5.) I'm not telling anyone but trusted collaborators about my promotion plans. And no, I'm not bragging about being confidential! ;-)

Will this directory be an amazing get rich quick venture for me? Nope. Will it be a solid, LONG-TERM venture that provides value to both visitors and webmasters, and earns reasonable income? I hope so. That's the plan, anyway.

Aloha,
Kirk out.

Condolences for whoever took

Condolences for whoever took a hit, but I don't tend to dwell on specifics.

I was just looking for a post, but couldn't find it. It was titled "paranoid about fingerprints" or somesuch. (Found it! http://www.threadwatch.org/node/874)
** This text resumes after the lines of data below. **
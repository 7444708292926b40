-- ===== src/ThreadPool.antt =====
-- lib/threadpool/threadpool.c and threadpool.h: the pool as a step relation, up to the broadcast of
-- threadpool_destroy. A worker is at one of
-- the points of threadpool_handle between which the other threads can run; the queue is that of
-- Queue seen as a sequence. The calls of pthread are the parameter-free rules of a mutex and of a
-- condition: a lock is taken when it is free, a wait gives it up, and a waiting thread may wake at any
-- time, as POSIX allows, whether signalled or not.
pub mod Safety
use sweet_clib.Prelude.{
  ℕ, zero, suc, ◌+◌, ◌-◌, ◌<◌, ◌≡◌, Bool, true, false, not, ◌&&◌, ◌||◌, Option, none, some, List,
  [], ◌∷◌, ◌++◌, if◌then◌else◌, ◌==◌,
}
use sweet_clib.Linked.View.{ins_next, rem_next}
use sweet_clib.Queue.{last_position}

-- Where a worker stands in threadpool_handle.
pub data Phase {ℓ} (T : Type ℓ) : Type ℓ where
  at_lock : Phase T
  testing : Phase T
  going_to_wait : Phase T
  waiting : Phase T
  woken : Phase T
  past_loop : Phase T
  taking : Phase T
  working : T → Phase T
  exited : Phase T

-- threadpool, with the owner of queue_lock, the workers, and the tasks added and taken so far, in order.
pub record Pool {ℓ} (T : Type ℓ) : Type ℓ where
  pub work_queue : List T
  pub cur_queue_size : ℕ
  pub shutdown : Bool
  pub owner : Option ℕ
  pub phase : ℕ → Phase T
  pub added : List T
  pub taken : List T

module _ {ℓ} {T : Type ℓ} where
  -- threadpool_init
  unfoldable pub threadpool_init : Pool T
  threadpool_init = record {
    work_queue = [];
    cur_queue_size = 0;
    shutdown = false;
    owner = none;
    phase = λ i. at_lock;
    added = [];
    taken = [];
  }

  -- Worker `i` goes on to `p`, leaving the lock to `o`.
  unfoldable pub goes : Pool T → ℕ → Phase T → Option ℕ → Pool T
  goes s i p o = record s { owner = o; phase = λ j. if j == i then p else s.phase j }

  -- queue_peek
  unfoldable pub peek : List T → Option T
  peek [] = none
  peek (t ∷ ts) = some t

  -- `pool->cur_queue_size == 0 && !pool->shutdown`
  unfoldable pub must_wait : Pool T → Bool
  must_wait s = s.cur_queue_size == 0 && not s.shutdown

  -- The test of the loop of threadpool_handle.
  unfoldable pub tested : Pool T → ℕ → Pool T
  tested s i = goes s i (if must_wait s then going_to_wait else past_loop) (some i)

  -- `if (pool->shutdown)`: the lock is released before pthread_exit.
  unfoldable pub checked : Pool T → ℕ → Pool T
  checked s i = if s.shutdown then goes s i exited none else goes s i taking (some i)

  -- The worker takes what queue_peek finds, and queue_dequeue removes it; where it finds NULL the
  -- assertions before have failed.
  unfoldable pub took : Pool T → ℕ → Option T → Pool T
  took s i none = s
  took s i (some t) =
      goes
        (record s {
          work_queue = (rem_next s.work_queue none).2;
          cur_queue_size = s.cur_queue_size - 1;
          taken = s.taken ++ t ∷ [];
        })
        i (working t) none

  -- The critical section of threadpool_add_worker, where `alloc` says whether queue_enqueue has memory
  -- for its node; what it returns is ignored.
  unfoldable pub threadpool_add_worker : Bool → Pool T → T → Pool T
  threadpool_add_worker alloc s t = record s {
    work_queue = (ins_next alloc s.work_queue (last_position s.work_queue) t).1;
    cur_queue_size = s.cur_queue_size + 1;
    added = s.added ++ t ∷ [];
  }

  -- A step of one of the threads. threadpool_destroy sets `shutdown` without the lock; what it does behind
  -- its broadcast, the joins and the loop that takes what is queued, is left out.
  pub data Step (alloc : Bool) (s : Pool T) : Pool T → Type ℓ where
    lock : (i : ℕ) → s.phase i ≡ at_lock → s.owner ≡ none → Step alloc s (goes s i testing (some i))
    test : (i : ℕ) → s.phase i ≡ testing → Step alloc s (tested s i)
    wait : (i : ℕ) → s.phase i ≡ going_to_wait → Step alloc s (goes s i waiting none)
    wake : (i : ℕ) → s.phase i ≡ waiting → Step alloc s (goes s i woken s.owner)
    relock : (i : ℕ) → s.phase i ≡ woken → s.owner ≡ none → Step alloc s (goes s i testing (some i))
    check : (i : ℕ) → s.phase i ≡ past_loop → Step alloc s (checked s i)
    take : (i : ℕ) → s.phase i ≡ taking → Step alloc s (took s i (peek s.work_queue))
    finish : (i : ℕ) (t : T) → s.phase i ≡ working t → Step alloc s (goes s i at_lock s.owner)
    add : (t : T) → s.owner ≡ none → Step alloc s (threadpool_add_worker alloc s t)
    shut : s.shutdown ≡ false → Step alloc s (record s { shutdown = true })

  pub data Reachable (alloc : Bool) : Pool T → Type ℓ where
    start : Reachable alloc threadpool_init
    next : {s t : Pool T} → Reachable alloc s → Step alloc s t → Reachable alloc t

  -- The worker holds the lock.
  abbrev pub holds : Phase T → Bool
  holds testing = true
  holds going_to_wait = true
  holds past_loop = true
  holds taking = true
  holds _ = false

  abbrev pub is_taking : Phase T → Bool
  is_taking taking = true
  is_taking _ = false

  abbrev pub is_none : Option T → Bool
  is_none none = true
  is_none (some t) = false

  -- Worker `i` is at the two assertions, and one of them fails.
  unfoldable pub assertion_fails : Pool T → ℕ → Bool
  assertion_fails s i =
      is_taking (s.phase i) && (s.cur_queue_size == 0 || is_none (peek s.work_queue))
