-- ===== src/ThreadPool/Safety.antt =====
-- What every reachable state of the pool keeps.
use mathlib.Core.List.{append_assoc}
use sweet_clib.Prelude.{
  ℕ, suc, ◌+◌, ◌-◌, ◌<◌, ◌≡◌, ◌≢◌, refl, sym, ap, ◌∙◌, subst, inl, inr, Bool, true, false, not,
  ◌&&◌, ◌||◌, Option, none, some, List, [], ◌∷◌, ◌++◌, if◌then◌else◌, ◌==◌, ltb, arith, length,
  Bool-cases,
}
use sweet_clib.Queue.{insert_after-last}
use sweet_clib.ThreadPool.{
  Phase, at_lock, testing, going_to_wait, waiting, woken, past_loop, taking, working, exited, Pool,
  threadpool_init, goes, peek, must_wait, tested, checked, took, threadpool_add_worker, Step, lock,
  test, wait, wake, relock, check, take, finish, add, shut, Reachable, start, next, holds,
  is_taking, is_none, assertion_fails,
}

some_index : {a b : ℕ} → some a ≡ some b → a ≡ b
some_index q = cc

length-snoc {ℓ} : {A : Type ℓ} (xs : List A) (x : A) → length (xs ++ x ∷ []) ≡ length xs + 1
length-snoc [] x = refl
length-snoc (y ∷ xs) x = omega (arith, length-snoc xs x)

free_alone : (o : Option ℕ) (i : ℕ) → o ≡ none → (j : ℕ) → j ≢ i → o ≢ some j
free_alone o i e j n f = cc

held_alone : (o : Option ℕ) (i : ℕ) → o ≡ some i → (j : ℕ) → j ≢ i → o ≢ some j
held_alone o i e j n f = n (some_index (sym f ∙ e))

module _ {ℓ} {T : Type ℓ} where
  -- What a worker at a point of threadpool_handle can rely on.
  abbrev Good : Bool → ℕ → Option ℕ → ℕ → Phase T → Type 0
  Good sh n o i testing = o ≡ some i
  Good sh n o i going_to_wait = o ≡ some i
  Good sh n o i past_loop = (o ≡ some i) × ((sh || ltb 0 n) ≡ true)
  Good sh n o i taking = (o ≡ some i) × (0 < n)
  Good sh n o i _ = Unit

  -- A worker that does not hold the lock relies on nothing.
  Good-other :
      (sh sh' : Bool) (n n' : ℕ) (o o' : Option ℕ) (i : ℕ) (p : Phase T)
      → o ≢ some i
      → Good sh n o i p
      → Good sh' n' o' i p
  Good-other sh sh' n n' o o' i at_lock h g = tt
  Good-other sh sh' n n' o o' i testing h g = absurd (h g)
  Good-other sh sh' n n' o o' i going_to_wait h g = absurd (h g)
  Good-other sh sh' n n' o o' i waiting h g = tt
  Good-other sh sh' n n' o o' i woken h g = tt
  Good-other sh sh' n n' o o' i past_loop h g = absurd (h g.0)
  Good-other sh sh' n n' o o' i taking h g = absurd (h g.0)
  Good-other sh sh' n n' o o' i (working t) h g = tt
  Good-other sh sh' n n' o o' i exited h g = tt

  Good-shut :
      (n : ℕ) (o : Option ℕ) (i : ℕ) (p : Phase T) (sh : Bool) → Good sh n o i p → Good true n o i p
  Good-shut n o i at_lock sh g = tt
  Good-shut n o i testing sh g = g
  Good-shut n o i going_to_wait sh g = g
  Good-shut n o i waiting sh g = tt
  Good-shut n o i woken sh g = tt
  Good-shut n o i past_loop sh g = (g.0, refl)
  Good-shut n o i taking sh g = g
  Good-shut n o i (working t) sh g = tt
  Good-shut n o i exited sh g = tt

  record Invariant (s : Pool T) : Type ℓ where
    counted : s.cur_queue_size ≡ length s.work_queue
    ordered : s.added ≡ s.taken ++ s.work_queue
    good : (i : ℕ) → Good s.shutdown s.cur_queue_size s.owner i (s.phase i)

  -- Worker `i` moves, and no other worker holds the lock.
  moved :
      (s : Pool T) (sh : Bool) (n : ℕ) (i : ℕ) (p : Phase T) (o : Option ℕ)
      → ((j : ℕ) → Good s.shutdown s.cur_queue_size s.owner j (s.phase j))
      → ((j : ℕ) → j ≢ i → s.owner ≢ some j)
      → Good sh n o i p
      → (j : ℕ) → Good sh n o j (if j == i then p else s.phase j)
  moved s sh n i p o g alone h j = elim (Bool-cases (j == i)) [
    | inl e ↦ rw e (subst (λ k. Good sh n o k p) (ground arith) h)
    | inr e ↦ rw e (
        Good-other s.shutdown sh s.cur_queue_size n s.owner o j (s.phase j) (alone j (ground arith))
          (g j))
  ]

  -- Worker `i` moves without the lock.
  moved_free :
      (s : Pool T) (i : ℕ) (p : Phase T)
      → ((j : ℕ) → Good s.shutdown s.cur_queue_size s.owner j (s.phase j))
      → Good s.shutdown s.cur_queue_size s.owner i p
      → (j : ℕ) → Good s.shutdown s.cur_queue_size s.owner j (if j == i then p else s.phase j)
  moved_free s i p g h j = elim (Bool-cases (j == i)) [
    | inl e ↦ rw e (subst (λ k. Good s.shutdown s.cur_queue_size s.owner k p) (ground arith) h)
    | inr e ↦ rw e (g j)
  ]

  take_step :
      (s : Pool T) (i : ℕ) (ts : List T)
      → s.work_queue ≡ ts
      → s.phase i ≡ taking
      → Invariant s
      → Invariant (took s i (peek ts))
  unfolding took peek goes
  take_step s i [] q e v = v
  take_step s i (t ∷ ts) q e v =
      let mine : Good s.shutdown s.cur_queue_size s.owner i taking =
        subst (Good s.shutdown s.cur_queue_size s.owner i) e (v.good i) in
      rw q (record {
        counted = omega (arith, v.counted, ap length q);
        ordered = v.ordered ∙ ap (λ r. s.taken ++ r) q ∙ sym (append_assoc s.taken (t ∷ []) ts);
        good =
            moved s s.shutdown (s.cur_queue_size - 1) i (working t) none v.good
              (held_alone s.owner i mine.0) tt;
      })

  check_step :
      (s : Pool T) (i : ℕ) (b : Bool)
      → s.shutdown ≡ b
      → s.phase i ≡ past_loop
      → Invariant s
      → Invariant (if b then goes s i exited none else goes s i taking (some i))
  unfolding goes
  check_step s i b q e v = cases b q
    where
      mine : Good s.shutdown s.cur_queue_size s.owner i past_loop
      mine = subst (Good s.shutdown s.cur_queue_size s.owner i) e (v.good i)

      waiting_task :
          s.shutdown ≡ false → (s.shutdown || ltb 0 s.cur_queue_size) ≡ true → 0 < s.cur_queue_size
      waiting_task r m = ground arith

      cases :
          (c : Bool)
          → s.shutdown ≡ c
          → Invariant (if c then goes s i exited none else goes s i taking (some i))
      cases true r = record {
        counted = v.counted;
        ordered = v.ordered;
        good =
            moved s s.shutdown s.cur_queue_size i exited none v.good (held_alone s.owner i mine.0)
              tt;
      }
      cases false r = record {
        counted = v.counted;
        ordered = v.ordered;
        good =
            moved s s.shutdown s.cur_queue_size i taking (some i) v.good
              (held_alone s.owner i mine.0) (refl, waiting_task r mine.1);
      }

  test_step :
      (s : Pool T) (i : ℕ) (b : Bool)
      → must_wait s ≡ b
      → s.phase i ≡ testing
      → Invariant s
      → Invariant (goes s i (if b then going_to_wait else past_loop) (some i))
  unfolding goes must_wait
  test_step s i b q e v = record {
    counted = v.counted;
    ordered = v.ordered;
    good =
        moved s s.shutdown s.cur_queue_size i (if b then going_to_wait else past_loop) (some i)
          v.good
          (held_alone s.owner i (subst (Good s.shutdown s.cur_queue_size s.owner i) e (v.good i)))
          (outcome b q);
  }
    where
      outcome :
          (c : Bool)
          → (s.cur_queue_size == 0 && not s.shutdown) ≡ c
          → Good s.shutdown s.cur_queue_size (some i) i (if c then going_to_wait else past_loop)
      outcome true r = refl
      outcome false r = (refl, ground arith)

  step-Invariant : {s t : Pool T} → Invariant s → Step true s t → Invariant t
  unfolding goes tested checked threadpool_add_worker
  step-Invariant {s} v (lock i e f) = record {
    counted = v.counted;
    ordered = v.ordered;
    good =
        moved s s.shutdown s.cur_queue_size i testing (some i) v.good (free_alone s.owner i f) refl;
  }
  step-Invariant {s} v (test i e) = test_step s i _ refl e v
  step-Invariant {s} v (wait i e) = record {
    counted = v.counted;
    ordered = v.ordered;
    good =
        moved s s.shutdown s.cur_queue_size i waiting none v.good
          (held_alone s.owner i (subst (Good s.shutdown s.cur_queue_size s.owner i) e (v.good i)))
          tt;
  }
  step-Invariant {s} v (wake i e) = record {
    counted = v.counted;
    ordered = v.ordered;
    good = moved_free s i woken v.good tt;
  }
  step-Invariant {s} v (relock i e f) = record {
    counted = v.counted;
    ordered = v.ordered;
    good =
        moved s s.shutdown s.cur_queue_size i testing (some i) v.good (free_alone s.owner i f) refl;
  }
  step-Invariant {s} v (check i e) = check_step s i _ refl e v
  step-Invariant {s} v (take i e) = take_step s i _ refl e v
  step-Invariant {s} v (finish i t e) = record {
    counted = v.counted;
    ordered = v.ordered;
    good = moved_free s i at_lock v.good tt;
  }
  step-Invariant {s} v (add t f) = rw (insert_after-last s.work_queue t) (record {
    counted = omega (arith, v.counted, length-snoc s.work_queue t);
    ordered = ap (λ r. r ++ t ∷ []) v.ordered ∙ append_assoc s.taken s.work_queue (t ∷ []);
    good = λ j.
        Good-other s.shutdown s.shutdown s.cur_queue_size (s.cur_queue_size + 1) s.owner s.owner j
          (s.phase j) (free_alone s.owner (suc j) f j (omega arith)) (v.good j);
  })
  step-Invariant {s} v (shut e) = record {
    counted = v.counted;
    ordered = v.ordered;
    good = λ j. Good-shut s.cur_queue_size s.owner j (s.phase j) s.shutdown (v.good j);
  }

  Reachable-Invariant : (s : Pool T) → Reachable true s → Invariant s
  unfolding threadpool_init
  Reachable-Invariant _ start = record { counted = refl; ordered = refl; good = λ i. tt }
  Reachable-Invariant _ (next {s} {t} r k) = step-Invariant (Reachable-Invariant s r) k

  holds-owner :
      (sh : Bool) (n : ℕ) (o : Option ℕ) (i : ℕ) (p : Phase T)
      → Good sh n o i p
      → holds p ≡ true
      → o ≡ some i
  holds-owner sh n o i at_lock g h = cc
  holds-owner sh n o i testing g h = g
  holds-owner sh n o i going_to_wait g h = g
  holds-owner sh n o i waiting g h = cc
  holds-owner sh n o i woken g h = cc
  holds-owner sh n o i past_loop g h = g.0
  holds-owner sh n o i taking g h = g.0
  holds-owner sh n o i (working t) g h = cc
  holds-owner sh n o i exited g h = cc

  assertions-Good :
      (sh : Bool) (n : ℕ) (o : Option ℕ) (i : ℕ) (p : Phase T) (q : List T)
      → n ≡ length q
      → Good sh n o i p
      → (is_taking p && (n == 0 || is_none (peek q))) ≡ false
  unfolding peek
  assertions-Good sh n o i at_lock q c g = refl
  assertions-Good sh n o i testing q c g = refl
  assertions-Good sh n o i going_to_wait q c g = refl
  assertions-Good sh n o i waiting q c g = refl
  assertions-Good sh n o i woken q c g = refl
  assertions-Good sh n o i past_loop q c g = refl
  assertions-Good sh n o i taking [] c g = absurd (omega (arith, g.1))
  assertions-Good sh n o i taking (t ∷ q) c g = ground (arith, g.1)
  assertions-Good sh n o i (working t) q c g = refl
  assertions-Good sh n o i exited q c g = refl

  -- In every state that the adding threads, the workers and threadpool_destroy reach, the last of these
  -- up to its broadcast and not behind it, malloc never failing: cur_queue_size is the length of the
  -- queue, the tasks taken and the tasks queued are together those added, in order, neither assertion of
  -- threadpool_handle fails at any worker, and no two workers hold the lock.
  pub threadpool-Safe :
      (s : Pool T)
      → Reachable true s
      → (s.cur_queue_size ≡ length s.work_queue)
        × (s.added ≡ s.taken ++ s.work_queue)
        × ((i : ℕ) → assertion_fails s i ≡ false)
        × ((i j : ℕ) → (holds (s.phase i) && holds (s.phase j) && not (i == j)) ≡ false)
  unfolding assertion_fails
  threadpool-Safe s r =
      let v = Reachable-Invariant s r in
      (
        v.counted,
        v.ordered,
        λ i.
            assertions-Good s.shutdown s.cur_queue_size s.owner i (s.phase i) s.work_queue v.counted
              (v.good i),
        λ i j. elim (Bool-cases (holds (s.phase i))) [
          | inr a ↦ rw a
          | inl a ↦ elim (Bool-cases (holds (s.phase j))) [
            | inr b ↦ rw (a, b)
            | inl b ↦
                let same : i ≡ j = some_index (
                  sym (holds-owner s.shutdown s.cur_queue_size s.owner i (s.phase i) (v.good i) a)
                  ∙ holds-owner s.shutdown s.cur_queue_size s.owner j (s.phase j) (v.good j) b) in
                ground arith
          ]
        ],
      )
I spend hours and hours ripping and rewriting any stock code I might buy in order to make it unique. I even go so far as to rename css class and id, and certainly any generic graphics. Directories are usually leaving flaming roadmaps instead of just fingerprints and footprints.

longterm I think Kirk has a s

longterm I think Kirk has a solid strategy...niche and stay focused. with that being said there will still be some useful quality general directories on the market. I also agree that keeping the noise out is important for brand development. I do not think WebAtlas has any sitewide sponsorships or adsense type revenue generators at this point.

I believe Nandini wrote her script from scratch and she is not selling her directory script at this point so I do not think she has any footprint issues.

Yeah - I liked that thread too RC

Anything with a fingerprint should be avoided where possible - and I know it does take hours of work.

Bingo!

RC just hit the nail on the head. With the recent proliferation of sub-standard directories running OTC scripts, it makes nothing but sense to write your own scripts or at least make them unique. Anyone with long term plans using a common script would do well to deal with the footprint problem immediately.

>>or at least make them uniqu

>>or at least make them unique.

Agreed.

You guys didn't look very har

You guys didn't look very hard. This one doesn't have footprints ...more like "snow angels." Hell, it has 'Directory' plastered all over it. Even if it didn't use about every poison word (which have been out there since '99), check out the class codes. More than that, there are offers to "Get 5 links for the price of one!" Great big yellow flags dropping everywhere.

umm...

I don't see any red flags... not from an algorithmic point of view, nor from a human point of view. She wrote the whole thing from scratch. This has to be a glitch.

Absolutely, and from a 1999 a

Absolutely, and from a 1999 algo point of view. This 2000 newsletter was a wrap-up of directory poison words we were avoiding well before then.

http://www.searchengineworld.com/newsletter/2000/poison_words.htm

>from scratch

Who cares? It reeks of paid directory.

Empty Categories

Personally I think the empty categories are the biggest problem all of these new directories are having and will have. You can't just throw up a directory and generate hundreds of thousands of pages of empty content. I don't blame Google for wanting to rid its index of that stuff. It serves no purpose and it takes up valuable resources.

All of those directories mentioned so far have way too many indexed pages that are empty, way too many. And, when you start bragging about your directories at the public level, expect the worse to happen.

That whole group that those directories revolve around, have poisoned that network themselves with their lack of tact when it comes to promoting them at the public level.

Damn, I was saving that for l

Damn, I was saving that for later, P1! hhh!

Yeah, I always use NC travel. It's blank.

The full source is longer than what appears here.